** What this task involves **
Search the records for the word "none". Copy every line where it appears.
-------------------------
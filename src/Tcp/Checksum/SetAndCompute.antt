-- ===== src/Tcp/Checksum/SetAndCompute.antt =====
-- What `SetAndCompute` sets, `Verify` accepts.
use gonet.Prelude.{
  ℕ, ◌+◌, ◌≤◌, ◌<◌, ◌≡◌, refl, true, List, [], ◌∷◌, ◌++◌, arith, le→ltb_false, eq→==, length, take,
  drop, All, length-take, length-drop, All-drop, All-take, ok, ◌>>=◌, IsByte, be16, put_bytes,
}
use gonet.Ip.Checksum.Tcp.{tcp_checksum-lt, tcp_checksum-set}
use gonet.Tcp.Checksum.{
  ChecksumCalculator, new_checksum_calculator, compute, verify, set_and_compute,
}

-- The segment with a value in its checksum field.
abbrev pub with_field : ℕ → List ℕ → List ℕ
with_field field segment = take 16 segment ++ (be16 field ++ drop 18 segment)

writes-with_field :
    {E : Type 0} (c : ChecksumCalculator) (segment : List ℕ)
    → 20 ≤ length segment
    → (put_bytes {E = E} 16 (0 ∷ []) segment >>= λ high.
        put_bytes 17 (0 ∷ []) high >>= λ blank. put_bytes 16 (be16 (compute c blank)) blank)
      ≡ ok (with_field (compute c (with_field 0 segment)) segment)
writes-with_field c
      (b0 ∷ b1 ∷ b2 ∷ b3 ∷ b4 ∷ b5 ∷ b6 ∷ b7 ∷ b8 ∷ b9 ∷ b10 ∷ b11 ∷ b12 ∷ b13 ∷ b14 ∷ b15 ∷ b16
        ∷ b17 ∷ rest)
      h =
    refl
writes-with_field c _ h = absurd (omega arith)

pub set_and_compute-with_field :
    {E : Type 0} (c : ChecksumCalculator) (segment : List ℕ)
    → 20 ≤ length segment
    → set_and_compute {E = E} c segment ≡ ok (with_field (compute c (with_field 0 segment)) segment)
unfolding set_and_compute
set_and_compute-with_field c segment h =
    rw (le→ltb_false (length segment) 20 h) (writes-with_field c segment h)

-- `SetAndCompute` of a segment of 20 to 65535 bytes returns the segment with another 16-bit checksum
-- field and no other change, and `Verify` accepts it.
pub verify-set_and_compute :
    {E : Type 0} (src dst segment : List ℕ)
    → All IsByte src
    → All IsByte dst
    → All IsByte segment
    → 20 ≤ length segment
    → length segment ≤ 65535
    → (field : ℕ) × (field < 65536)
      × (set_and_compute {E = E} (new_checksum_calculator src dst) segment
          ≡ ok (with_field field segment))
      × (verify (new_checksum_calculator src dst) (with_field field segment) ≡ true)
unfolding verify compute new_checksum_calculator
verify-set_and_compute src dst segment p q bytes long short = (
  compute (new_checksum_calculator src dst) (with_field 0 segment),
  tcp_checksum-lt src dst (with_field 0 segment),
  set_and_compute-with_field (new_checksum_calculator src dst) segment long,
  eq→== _ 0 (
      tcp_checksum-set 8 src dst (take 16 segment) (drop 18 segment) sixteen p q
        (All-take IsByte 16 segment bytes) (All-drop IsByte 18 segment bytes) lengths),
)
  where
    sixteen : length (take 16 segment) ≡ 16
    sixteen = omega (arith, length-take 16 segment)

    lengths : length (take 16 segment) + length (drop 18 segment) ≤ 65533
    lengths = omega (arith, sixteen, length-drop 18 segment)
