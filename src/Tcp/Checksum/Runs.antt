-- ===== src/Tcp/Checksum/Runs.antt =====
-- Runs of the checksum calculator, and its theorem at a concrete segment.
use gonet.Prelude.{ℕ, ◌<◌, ◌≡◌, refl, true, List, [], ◌∷◌, arith, ok}
use gonet.Tcp.Checksum.{new_checksum_calculator, verify, set_and_compute}
use gonet.Tcp.Checksum.SetAndCompute.{with_field, verify-set_and_compute}

abbrev client : List ℕ
client = 10 ∷ 0 ∷ 0 ∷ 1 ∷ []

abbrev server : List ℕ
server = 10 ∷ 0 ∷ 0 ∷ 2 ∷ []

abbrev syn : List ℕ
syn =
    0xc3 ∷ 0x50 ∷ 0 ∷ 80 ∷ 1 ∷ 2 ∷ 3 ∷ 4 ∷ 0 ∷ 0 ∷ 0 ∷ 0 ∷ 0x50 ∷ 2 ∷ 0xff ∷ 0xff ∷ 7 ∷ 7 ∷ 0 ∷ 0
    ∷ []

short_run :
    set_and_compute {E = ℕ} (new_checksum_calculator client server) (1 ∷ 2 ∷ []) ≡ ok (1 ∷ 2 ∷ [])
unfolding set_and_compute
short_run = refl

verify-set_and_compute_example :
    (field : ℕ) × (field < 65536)
    × (set_and_compute {E = ℕ} (new_checksum_calculator client server) syn
        ≡ ok (with_field field syn))
    × (verify (new_checksum_calculator client server) (with_field field syn) ≡ true)
verify-set_and_compute_example =
    verify-set_and_compute client server syn (omega arith) (omega arith) (omega arith) (omega arith)
      (omega arith)
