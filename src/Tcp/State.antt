-- ===== src/Tcp/State.antt =====
-- internal/tcp/state.go: the TCP states, the table of transitions and `StateMachine`. The callback
-- is a function on a world `W` of the caller; the lock and the log lines are left out.
pub mod Edges
pub mod Histories
mod Runs
use Prim.Native.String.{String}
use gonet.Prelude.{ℕ, Bool, false, Option, none, some, List, [], ◌∷◌, ◌||◌, ◌==◌, if◌then◌else◌}

pub data State : Type 0 where
  closed listen syn_sent syn_received established fin_wait_1 fin_wait_2 close_wait closing last_ack
        time_wait :
      State

-- The value of the constant, by `iota`.
abbrev pub value : State → ℕ
value closed = 0
value listen = 1
value syn_sent = 2
value syn_received = 3
value established = 4
value fin_wait_1 = 5
value fin_wait_2 = 6
value close_wait = 7
value closing = 8
value last_ack = 9
value time_wait = 10

unfoldable pub to_string : State → String
to_string closed = "CLOSED"
to_string listen = "LISTEN"
to_string syn_sent = "SYN_SENT"
to_string syn_received = "SYN_RECEIVED"
to_string established = "ESTABLISHED"
to_string fin_wait_1 = "FIN_WAIT_1"
to_string fin_wait_2 = "FIN_WAIT_2"
to_string close_wait = "CLOSE_WAIT"
to_string closing = "CLOSING"
to_string last_ack = "LAST_ACK"
to_string time_wait = "TIME_WAIT"

unfoldable pub valid_transitions : State → List State
valid_transitions closed = listen ∷ syn_sent ∷ []
valid_transitions listen = syn_received ∷ syn_sent ∷ closed ∷ []
valid_transitions syn_sent = syn_received ∷ established ∷ closed ∷ []
valid_transitions syn_received = established ∷ fin_wait_1 ∷ closed ∷ []
valid_transitions established = fin_wait_1 ∷ close_wait ∷ closed ∷ []
valid_transitions fin_wait_1 = fin_wait_2 ∷ closing ∷ time_wait ∷ closed ∷ []
valid_transitions fin_wait_2 = time_wait ∷ closed ∷ []
valid_transitions close_wait = last_ack ∷ closed ∷ []
valid_transitions closing = time_wait ∷ closed ∷ []
valid_transitions last_ack = closed ∷ []
valid_transitions time_wait = closed ∷ []

-- `for _, state := range allowed { if state == to { valid = true; break } }`
unfoldable pub is_among : State → List State → Bool
is_among to [] = false
is_among to (state ∷ allowed) = value state == value to || is_among to allowed

-- The names in the text of the error.
pub record InvalidTransition : Type 0 where
  pub from : String
  pub to : String

pub record StateMachine (W : Type 0) : Type 0 where
  pub current : State
  pub on_transition : Option (State → State → W → W)

module _ {W : Type 0} where
  unfoldable pub new_state_machine : State → StateMachine W
  new_state_machine initial = record { current = initial; on_transition = none }

  unfoldable pub set_on_transition : StateMachine W → (State → State → W → W) → StateMachine W
  set_on_transition sm cb = record sm { on_transition = some cb }

  -- The callback, if one is configured.
  unfoldable pub notify : Option (State → State → W → W) → State → State → W → W
  notify none from to w = w
  notify (some cb) from to w = cb from to w

  unfoldable pub transition :
      StateMachine W → State → W → StateMachine W × W × Option InvalidTransition
  unfolding is_among valid_transitions notify
  transition sm to w =
      if is_among to (valid_transitions sm.current)
      then (record sm { current = to }, notify sm.on_transition sm.current to w, none)
      else (sm, w, some (record { from = to_string sm.current; to = to_string to }))

  -- `Is`
  unfoldable pub is : StateMachine W → State → Bool
  is sm s = value sm.current == value s

  -- Attempted transitions, one behind the other.
  unfoldable pub attempt_all : StateMachine W → List State → W → StateMachine W × W
  attempt_all sm [] w = (sm, w)
  attempt_all sm (to ∷ rest) w = let (sm', w', e) = transition sm to w in attempt_all sm' rest w'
-------------------------
** Expected answer **
use gonet.Prelude.{ℕ, Bool, false, Option, none, some, List, [], ◌∷◌, ◌||◌, ◌==◌, if◌then◌else◌}
  new_state_machine initial = record { current = initial; on_transition = none }
  notify none from to w = w
      then (record sm { current = to }, notify sm.on_transition sm.current to w, none)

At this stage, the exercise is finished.